WHAT YOU ARE ASKED TO DO -
Retype, word for word, each line between the lines holding "pub data Handled (H : Type 0) : Type 0 where" and "caught and traced.", inclusive, and leave the rest of the data alone.

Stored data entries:
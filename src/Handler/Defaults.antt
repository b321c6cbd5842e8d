-- ===== src/Handler/Defaults.antt =====
-- The default timeout of a handler, and what it gives to the transactions that are made.
use clibdpa.Base.{
  ℕ, ◌≤◌, ◌<◌, ◌≡◌, refl, [], ◌∷◌, ◌++◌, some, if◌then◌else◌, ◌==◌, get_elem?,
  get_elem?-append_last, arith, Bool-cases, inl, inr,
}
use clibdpa.Base.Int.{ℤ, pos, ◌≤ℤ◌}
use clibdpa.Message.{DpaMessage, get_length}
use clibdpa.Timing.{minimal_timeout}
use clibdpa.Transaction.Types.{Transaction}
use clibdpa.Transaction.Create.{create}
use clibdpa.Transaction.Invariant.{IsNew}
use clibdpa.Transaction.Outcome.{create-IsNew}
use clibdpa.Handler.Types.{Handler, init}
use clibdpa.Handler.Submit.{execute_dpa_transaction}

module _ {H : Type 0} where
  -- The default timeout is an int of at least 200 ms.
  pub record HasTimeout (h : Handler H) : Type 0 where
    pub ms : ℕ
    pub value : h.m_default_timeout ≡ pos ms
    pub enough : minimal_timeout ≤ ms
    pub fits : ms < 2147483648

  pub init-HasTimeout : HasTimeout init
  unfolding init
  init-HasTimeout = record { ms = 500; value = refl; enough = omega arith; fits = omega arith }

  pub create-IsNew_at :
      (h : Handler H) (request : DpaMessage) (timeout error : ℤ) (now : ℕ)
      → HasTimeout h
      → timeout ≤ℤ pos 2147483647
      → IsNew
          (create request h.m_rf_mode h.m_timing_params h.m_default_timeout timeout error h.ids now)
  create-IsNew_at h request timeout error now v b = rw v.value (
      create-IsNew request h.m_rf_mode h.m_timing_params v.ms timeout error h.ids now
        (omega (arith, v.enough)) v.fits b)

  -- Executing a transaction, for a handler with a proper default timeout and any int as the user's:
  -- the reference that is returned is that of a new transaction behind the earlier ones, which are
  -- untouched; exactly a request that is not empty is put at the end of the queue; and the default
  -- timeout stays proper.
  pub execute-IsNew :
      (h : Handler H) (request : DpaMessage) (timeout error : ℤ) (now : ℕ)
      → HasTimeout h
      → timeout ≤ℤ pos 2147483647
      → let (h', ptr) = execute_dpa_transaction h request timeout error now in
        (t : Transaction) × (h'.store ≡ h.store ++ t ∷ [])
        × (get_elem? h'.store ptr ≡ some t)
        × IsNew t
        × (h'.m_dpa_transaction_queue.m_task_queue ≡ (
            if get_length request == 0
            then h.m_dpa_transaction_queue.m_task_queue
            else h.m_dpa_transaction_queue.m_task_queue ++ ptr ∷ []))
        × HasTimeout h'
  unfolding execute_dpa_transaction
  execute-IsNew h request timeout error now v b = elim (Bool-cases (get_length request == 0)) [
    | inl e ↦
        rw (e, execute_dpa_transaction)
          (
            made,
            refl,
            get_elem?-append_last h.store made,
            made-IsNew,
            refl,
            record { ms = v.ms; value = v.value; enough = v.enough; fits = v.fits },
          )
    | inr e ↦
        rw (e, execute_dpa_transaction)
          (
            made,
            refl,
            get_elem?-append_last h.store made,
            made-IsNew,
            refl,
            record { ms = v.ms; value = v.value; enough = v.enough; fits = v.fits },
          )
  ]
    where
      made : Transaction
      made =
          create request h.m_rf_mode h.m_timing_params h.m_default_timeout timeout error h.ids now

      made-IsNew : IsNew made
      made-IsNew = create-IsNew_at h request timeout error now v b
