-- ===== src/Handler/Dispatch.antt =====
-- ResponseMessageHandler(), which the channel calls with every received string of bytes.
use clibdpa.Base.{
  ℕ, Bool, true, false, List, [], ◌++◌, none, some, if◌then◌else◌, ◌==◌, length, get_elem?, set, ok,
  err,
}
use clibdpa.Base.Bytes.{has_bit7}
use clibdpa.Message.{
  DpaMessage, request, response, empty, fill_from_response, from_string, length_u8,
  message_direction, response_code_field,
}
use clibdpa.Transaction.Receive.{process_received_message}
use clibdpa.Handler.Types.{Handler}
use clibdpa.Handler.Registry.{Called, process_any_message, process_asynchronous_message}

-- What a call of the handler comes to: the handler and the calls of user functions, or the call of a
-- member function on a null pointer.
pub data Handled (H : Type 0) : Type 0 where
  handled : Handler H → List (Called H) → Handled H
  null_dereference : Handled H

-- The two conditions for an asynchronous message: a request, or a response with the asynchronous flag.
unfoldable pub is_asynchronous : DpaMessage → Bool
is_asynchronous m = elim (message_direction m) [
  | request ↦ true
  | response ↦ has_bit7 (response_code_field m)
  | _ ↦ false
]

module _ {H : Type 0} where
  -- `m_pendingTransaction->processReceivedMessage(message)`. A std::logic_error is caught and traced.
  unfoldable pub to_pending : Handler H → DpaMessage → ℕ → List (Called H) → Handled H
  to_pending h m now calls = elim h.m_pending_transaction [
    | none ↦ null_dereference
    | some ptr ↦ elim (get_elem? h.store ptr) [
      | none ↦ null_dereference
      | some t ↦ elim (process_received_message t m now) [
        | err e ↦ handled h calls
        | ok t' ↦ handled (record h { store = set h.store ptr t' }) calls
      ]
    ]
  ]

  -- ResponseMessageHandler(message). The string is converted to a message again for the asynchronous
  -- handler and for the transaction; `stale` is the uninitialised length of that object.
  unfoldable pub response_message_handler : Handler H → List ℕ → ℕ → ℕ → Handled H
  response_message_handler h bytes stale now =
      if length bytes == 0
      then handled h []
      else elim (fill_from_response empty (some bytes) (length_u8 bytes)) [
        | err e ↦ handled h []
        | ok received ↦ elim (from_string stale bytes) [
          | err e ↦ handled h (process_any_message h received)
          | ok message ↦
              if is_asynchronous received
              then handled h
                  (process_any_message h received ++ process_asynchronous_message h message)
              else to_pending h message now (process_any_message h received)
        ]
      ]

OUTPUT BELOW -
pub data Handled (H : Type 0) : Type 0 where
  handled : Handler H → List (Called H) → Handled H
  null_dereference : Handled H

-- The two conditions for an asynchronous message: a request, or a response with the asynchronous flag.
unfoldable pub is_asynchronous : DpaMessage → Bool
is_asynchronous m = elim (message_direction m) [
  | request ↦ true
  | response ↦ has_bit7 (response_code_field m)
  | _ ↦ false
]

module _ {H : Type 0} where
  -- `m_pendingTransaction->processReceivedMessage(message)`. A std::logic_error is caught and traced.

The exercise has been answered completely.